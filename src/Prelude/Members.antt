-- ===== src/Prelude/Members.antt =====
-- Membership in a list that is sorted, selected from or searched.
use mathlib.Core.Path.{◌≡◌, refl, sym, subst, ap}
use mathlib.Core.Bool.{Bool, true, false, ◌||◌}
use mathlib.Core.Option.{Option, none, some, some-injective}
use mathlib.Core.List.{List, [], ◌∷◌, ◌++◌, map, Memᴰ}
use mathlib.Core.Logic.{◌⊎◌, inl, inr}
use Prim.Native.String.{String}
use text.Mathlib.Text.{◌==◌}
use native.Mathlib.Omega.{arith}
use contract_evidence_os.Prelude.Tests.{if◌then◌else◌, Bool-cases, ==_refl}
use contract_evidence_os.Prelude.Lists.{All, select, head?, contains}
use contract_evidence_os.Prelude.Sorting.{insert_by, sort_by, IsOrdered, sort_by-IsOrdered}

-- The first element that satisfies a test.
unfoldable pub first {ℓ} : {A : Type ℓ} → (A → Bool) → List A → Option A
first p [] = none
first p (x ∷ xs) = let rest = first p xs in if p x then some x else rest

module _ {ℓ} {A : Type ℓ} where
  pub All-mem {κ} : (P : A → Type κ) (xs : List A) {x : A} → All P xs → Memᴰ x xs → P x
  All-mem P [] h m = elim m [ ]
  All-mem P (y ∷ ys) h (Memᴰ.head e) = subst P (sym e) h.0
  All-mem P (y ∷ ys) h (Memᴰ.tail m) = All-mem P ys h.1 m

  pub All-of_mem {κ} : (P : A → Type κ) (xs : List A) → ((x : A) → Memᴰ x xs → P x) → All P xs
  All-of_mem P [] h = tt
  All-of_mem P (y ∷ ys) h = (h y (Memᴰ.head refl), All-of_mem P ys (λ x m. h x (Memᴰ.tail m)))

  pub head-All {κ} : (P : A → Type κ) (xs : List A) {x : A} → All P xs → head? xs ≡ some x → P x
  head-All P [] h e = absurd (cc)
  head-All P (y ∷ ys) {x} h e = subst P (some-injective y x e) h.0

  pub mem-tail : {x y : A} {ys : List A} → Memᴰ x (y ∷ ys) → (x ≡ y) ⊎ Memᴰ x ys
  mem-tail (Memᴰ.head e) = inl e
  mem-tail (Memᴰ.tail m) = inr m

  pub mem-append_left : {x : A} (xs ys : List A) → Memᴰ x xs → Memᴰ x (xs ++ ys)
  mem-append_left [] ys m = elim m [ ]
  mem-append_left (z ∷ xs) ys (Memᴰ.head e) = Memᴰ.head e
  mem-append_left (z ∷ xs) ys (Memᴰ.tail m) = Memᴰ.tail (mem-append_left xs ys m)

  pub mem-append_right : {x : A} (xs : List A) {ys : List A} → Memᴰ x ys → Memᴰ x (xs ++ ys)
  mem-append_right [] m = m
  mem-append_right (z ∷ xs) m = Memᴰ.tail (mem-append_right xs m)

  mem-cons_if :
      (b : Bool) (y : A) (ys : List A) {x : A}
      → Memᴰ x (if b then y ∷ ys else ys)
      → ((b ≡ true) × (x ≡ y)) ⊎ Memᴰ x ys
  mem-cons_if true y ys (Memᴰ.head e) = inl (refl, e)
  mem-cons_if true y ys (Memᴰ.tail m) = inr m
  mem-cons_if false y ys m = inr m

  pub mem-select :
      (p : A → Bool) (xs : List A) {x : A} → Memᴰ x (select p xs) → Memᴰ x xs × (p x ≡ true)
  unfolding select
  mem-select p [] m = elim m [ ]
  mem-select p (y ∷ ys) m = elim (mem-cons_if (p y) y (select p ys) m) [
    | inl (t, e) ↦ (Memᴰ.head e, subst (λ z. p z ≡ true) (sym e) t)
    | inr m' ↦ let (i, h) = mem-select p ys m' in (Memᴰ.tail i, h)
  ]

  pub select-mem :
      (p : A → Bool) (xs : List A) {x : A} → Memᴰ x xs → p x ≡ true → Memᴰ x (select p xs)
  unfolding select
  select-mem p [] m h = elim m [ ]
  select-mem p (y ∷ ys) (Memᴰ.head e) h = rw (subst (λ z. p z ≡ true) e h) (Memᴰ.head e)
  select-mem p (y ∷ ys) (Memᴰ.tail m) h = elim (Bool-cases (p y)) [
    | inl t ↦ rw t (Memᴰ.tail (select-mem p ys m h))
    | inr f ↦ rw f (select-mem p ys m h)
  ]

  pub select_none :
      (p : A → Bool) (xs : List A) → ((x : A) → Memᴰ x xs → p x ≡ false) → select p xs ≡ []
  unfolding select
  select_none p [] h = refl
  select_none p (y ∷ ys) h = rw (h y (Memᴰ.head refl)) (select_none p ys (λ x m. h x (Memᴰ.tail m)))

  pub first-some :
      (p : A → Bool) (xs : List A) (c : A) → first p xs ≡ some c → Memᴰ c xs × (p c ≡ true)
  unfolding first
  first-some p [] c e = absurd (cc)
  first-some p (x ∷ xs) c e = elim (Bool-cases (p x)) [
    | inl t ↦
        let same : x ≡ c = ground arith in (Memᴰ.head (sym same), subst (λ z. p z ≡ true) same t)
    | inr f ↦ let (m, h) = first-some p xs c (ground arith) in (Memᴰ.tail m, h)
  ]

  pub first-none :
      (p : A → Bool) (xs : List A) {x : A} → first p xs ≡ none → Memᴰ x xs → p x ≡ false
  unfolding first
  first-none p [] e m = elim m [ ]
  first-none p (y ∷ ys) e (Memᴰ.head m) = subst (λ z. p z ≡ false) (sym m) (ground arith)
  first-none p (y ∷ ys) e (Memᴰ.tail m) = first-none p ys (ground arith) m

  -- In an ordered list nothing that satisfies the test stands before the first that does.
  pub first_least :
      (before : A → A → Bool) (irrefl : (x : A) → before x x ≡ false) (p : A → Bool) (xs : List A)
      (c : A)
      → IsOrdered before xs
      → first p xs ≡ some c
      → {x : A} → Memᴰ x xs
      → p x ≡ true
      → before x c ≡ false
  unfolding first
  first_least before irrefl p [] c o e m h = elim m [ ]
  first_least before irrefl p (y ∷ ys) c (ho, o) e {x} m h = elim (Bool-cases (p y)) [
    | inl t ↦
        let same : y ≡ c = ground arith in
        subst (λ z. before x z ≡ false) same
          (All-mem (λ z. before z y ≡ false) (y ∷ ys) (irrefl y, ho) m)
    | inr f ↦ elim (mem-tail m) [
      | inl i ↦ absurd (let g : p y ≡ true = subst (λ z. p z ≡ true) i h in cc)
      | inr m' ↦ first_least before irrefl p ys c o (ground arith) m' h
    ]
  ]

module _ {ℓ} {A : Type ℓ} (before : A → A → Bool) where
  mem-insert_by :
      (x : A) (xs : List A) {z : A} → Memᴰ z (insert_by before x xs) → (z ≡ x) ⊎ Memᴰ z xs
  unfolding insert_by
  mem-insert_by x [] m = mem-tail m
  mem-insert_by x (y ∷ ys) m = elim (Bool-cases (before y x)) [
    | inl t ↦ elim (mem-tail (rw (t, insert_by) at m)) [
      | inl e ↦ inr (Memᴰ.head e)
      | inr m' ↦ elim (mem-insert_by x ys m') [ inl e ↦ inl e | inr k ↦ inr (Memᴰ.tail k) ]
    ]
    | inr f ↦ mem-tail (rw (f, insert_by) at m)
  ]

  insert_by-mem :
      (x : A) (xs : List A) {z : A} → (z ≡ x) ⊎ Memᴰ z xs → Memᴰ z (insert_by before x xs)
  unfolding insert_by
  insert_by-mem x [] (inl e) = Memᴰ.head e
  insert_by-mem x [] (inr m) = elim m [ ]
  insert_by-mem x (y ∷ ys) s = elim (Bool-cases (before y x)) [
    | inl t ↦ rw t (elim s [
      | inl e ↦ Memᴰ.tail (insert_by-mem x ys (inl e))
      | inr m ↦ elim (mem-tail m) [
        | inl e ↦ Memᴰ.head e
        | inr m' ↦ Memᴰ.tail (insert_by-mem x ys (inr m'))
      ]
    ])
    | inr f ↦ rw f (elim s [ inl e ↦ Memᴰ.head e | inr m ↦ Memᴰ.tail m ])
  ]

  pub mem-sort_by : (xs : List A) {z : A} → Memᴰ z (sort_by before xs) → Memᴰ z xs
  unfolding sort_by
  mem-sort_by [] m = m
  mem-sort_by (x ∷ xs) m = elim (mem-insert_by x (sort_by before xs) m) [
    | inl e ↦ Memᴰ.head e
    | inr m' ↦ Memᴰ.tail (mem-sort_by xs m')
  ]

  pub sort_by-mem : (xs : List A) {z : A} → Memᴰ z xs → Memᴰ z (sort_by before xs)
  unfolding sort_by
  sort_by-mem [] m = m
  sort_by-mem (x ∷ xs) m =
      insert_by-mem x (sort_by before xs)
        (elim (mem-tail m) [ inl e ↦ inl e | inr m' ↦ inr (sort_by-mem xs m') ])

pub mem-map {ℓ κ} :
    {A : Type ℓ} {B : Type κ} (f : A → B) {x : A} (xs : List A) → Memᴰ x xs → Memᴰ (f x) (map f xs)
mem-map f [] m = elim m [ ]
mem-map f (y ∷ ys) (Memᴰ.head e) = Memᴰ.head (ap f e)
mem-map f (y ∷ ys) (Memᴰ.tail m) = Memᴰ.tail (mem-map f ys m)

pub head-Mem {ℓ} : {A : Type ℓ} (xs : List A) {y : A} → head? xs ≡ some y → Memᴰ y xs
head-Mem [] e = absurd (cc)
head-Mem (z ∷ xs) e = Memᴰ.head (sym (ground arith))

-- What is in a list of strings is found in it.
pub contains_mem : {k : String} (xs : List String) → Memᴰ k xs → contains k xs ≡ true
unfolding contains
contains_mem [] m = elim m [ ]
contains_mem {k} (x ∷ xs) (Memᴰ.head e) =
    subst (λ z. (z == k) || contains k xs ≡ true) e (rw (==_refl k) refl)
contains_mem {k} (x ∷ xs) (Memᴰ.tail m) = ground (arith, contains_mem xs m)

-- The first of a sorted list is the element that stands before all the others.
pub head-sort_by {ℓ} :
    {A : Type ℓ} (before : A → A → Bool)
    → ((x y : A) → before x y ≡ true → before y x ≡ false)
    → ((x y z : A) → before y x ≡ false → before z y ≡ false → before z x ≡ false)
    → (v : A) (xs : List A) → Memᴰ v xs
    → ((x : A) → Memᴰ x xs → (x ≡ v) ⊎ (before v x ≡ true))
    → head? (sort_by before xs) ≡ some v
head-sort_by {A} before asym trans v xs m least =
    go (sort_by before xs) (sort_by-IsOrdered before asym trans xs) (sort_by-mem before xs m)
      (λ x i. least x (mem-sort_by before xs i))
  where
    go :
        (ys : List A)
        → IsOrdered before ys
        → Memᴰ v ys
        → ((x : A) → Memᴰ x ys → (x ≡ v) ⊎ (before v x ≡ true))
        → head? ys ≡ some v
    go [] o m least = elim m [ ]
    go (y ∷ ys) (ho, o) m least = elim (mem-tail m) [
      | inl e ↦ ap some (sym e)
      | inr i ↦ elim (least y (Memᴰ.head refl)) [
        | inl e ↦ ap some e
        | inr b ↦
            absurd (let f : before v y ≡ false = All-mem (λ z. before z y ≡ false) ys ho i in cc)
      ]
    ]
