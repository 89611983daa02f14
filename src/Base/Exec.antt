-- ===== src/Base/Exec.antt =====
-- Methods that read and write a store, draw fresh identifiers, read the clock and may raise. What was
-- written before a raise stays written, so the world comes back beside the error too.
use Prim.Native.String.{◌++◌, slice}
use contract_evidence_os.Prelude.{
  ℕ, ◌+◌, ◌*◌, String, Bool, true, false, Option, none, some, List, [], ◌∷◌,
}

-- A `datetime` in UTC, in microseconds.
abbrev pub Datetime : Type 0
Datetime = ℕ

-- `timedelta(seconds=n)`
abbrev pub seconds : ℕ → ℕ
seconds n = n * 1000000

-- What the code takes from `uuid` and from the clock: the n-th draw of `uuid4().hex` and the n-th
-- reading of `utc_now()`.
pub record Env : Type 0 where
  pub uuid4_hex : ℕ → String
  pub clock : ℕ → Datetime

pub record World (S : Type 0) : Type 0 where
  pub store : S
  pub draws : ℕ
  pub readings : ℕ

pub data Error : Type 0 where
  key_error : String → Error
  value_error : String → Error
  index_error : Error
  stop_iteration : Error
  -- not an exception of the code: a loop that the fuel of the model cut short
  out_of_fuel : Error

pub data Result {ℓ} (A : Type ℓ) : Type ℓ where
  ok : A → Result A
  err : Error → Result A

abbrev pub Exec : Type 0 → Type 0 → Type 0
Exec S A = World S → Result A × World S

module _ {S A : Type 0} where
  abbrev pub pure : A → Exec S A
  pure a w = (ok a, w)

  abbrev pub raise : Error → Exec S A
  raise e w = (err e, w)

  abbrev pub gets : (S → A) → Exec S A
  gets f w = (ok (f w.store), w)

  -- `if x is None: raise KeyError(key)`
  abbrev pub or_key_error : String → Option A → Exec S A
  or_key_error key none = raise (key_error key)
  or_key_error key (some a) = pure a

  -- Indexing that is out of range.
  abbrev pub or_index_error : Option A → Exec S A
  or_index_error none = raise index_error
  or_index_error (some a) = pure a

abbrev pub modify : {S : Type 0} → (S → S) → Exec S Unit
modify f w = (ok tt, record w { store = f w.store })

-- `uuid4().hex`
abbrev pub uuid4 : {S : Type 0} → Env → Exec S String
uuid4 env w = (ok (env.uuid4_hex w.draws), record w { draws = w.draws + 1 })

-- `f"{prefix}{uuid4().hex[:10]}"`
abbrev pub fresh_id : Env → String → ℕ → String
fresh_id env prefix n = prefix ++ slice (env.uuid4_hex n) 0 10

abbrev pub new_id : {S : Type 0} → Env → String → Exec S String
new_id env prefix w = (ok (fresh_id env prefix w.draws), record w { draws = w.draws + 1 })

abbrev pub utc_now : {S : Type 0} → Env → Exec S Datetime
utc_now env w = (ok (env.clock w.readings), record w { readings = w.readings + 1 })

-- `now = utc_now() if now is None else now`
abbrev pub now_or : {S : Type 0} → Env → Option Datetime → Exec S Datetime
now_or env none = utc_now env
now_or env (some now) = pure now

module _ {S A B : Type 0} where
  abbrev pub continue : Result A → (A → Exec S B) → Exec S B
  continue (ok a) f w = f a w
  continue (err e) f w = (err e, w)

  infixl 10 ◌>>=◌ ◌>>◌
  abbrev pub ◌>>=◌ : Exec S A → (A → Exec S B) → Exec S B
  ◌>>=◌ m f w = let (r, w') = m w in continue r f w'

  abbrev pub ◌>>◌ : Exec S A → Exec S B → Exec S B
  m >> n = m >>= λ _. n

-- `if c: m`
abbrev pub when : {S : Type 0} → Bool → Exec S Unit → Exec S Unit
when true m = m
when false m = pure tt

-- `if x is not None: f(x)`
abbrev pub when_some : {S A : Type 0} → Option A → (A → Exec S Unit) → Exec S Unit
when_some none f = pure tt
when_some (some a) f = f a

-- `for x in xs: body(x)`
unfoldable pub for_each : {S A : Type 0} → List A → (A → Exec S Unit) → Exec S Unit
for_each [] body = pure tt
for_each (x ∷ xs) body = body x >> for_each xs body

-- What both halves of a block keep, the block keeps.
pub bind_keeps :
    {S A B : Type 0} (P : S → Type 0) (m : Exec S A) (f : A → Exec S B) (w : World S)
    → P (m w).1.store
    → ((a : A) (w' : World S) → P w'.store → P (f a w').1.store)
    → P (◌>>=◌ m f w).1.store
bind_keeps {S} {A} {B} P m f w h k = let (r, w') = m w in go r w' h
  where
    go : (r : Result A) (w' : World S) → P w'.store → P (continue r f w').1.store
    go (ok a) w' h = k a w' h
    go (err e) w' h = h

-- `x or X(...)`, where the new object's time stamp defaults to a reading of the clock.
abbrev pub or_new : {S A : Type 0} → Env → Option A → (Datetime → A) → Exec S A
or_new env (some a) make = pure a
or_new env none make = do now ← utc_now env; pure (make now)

# # # # #

▸ Exercise instructions: In the entries above, count each line holding "that" and report the total and nothing more.

▸ Answer section: 7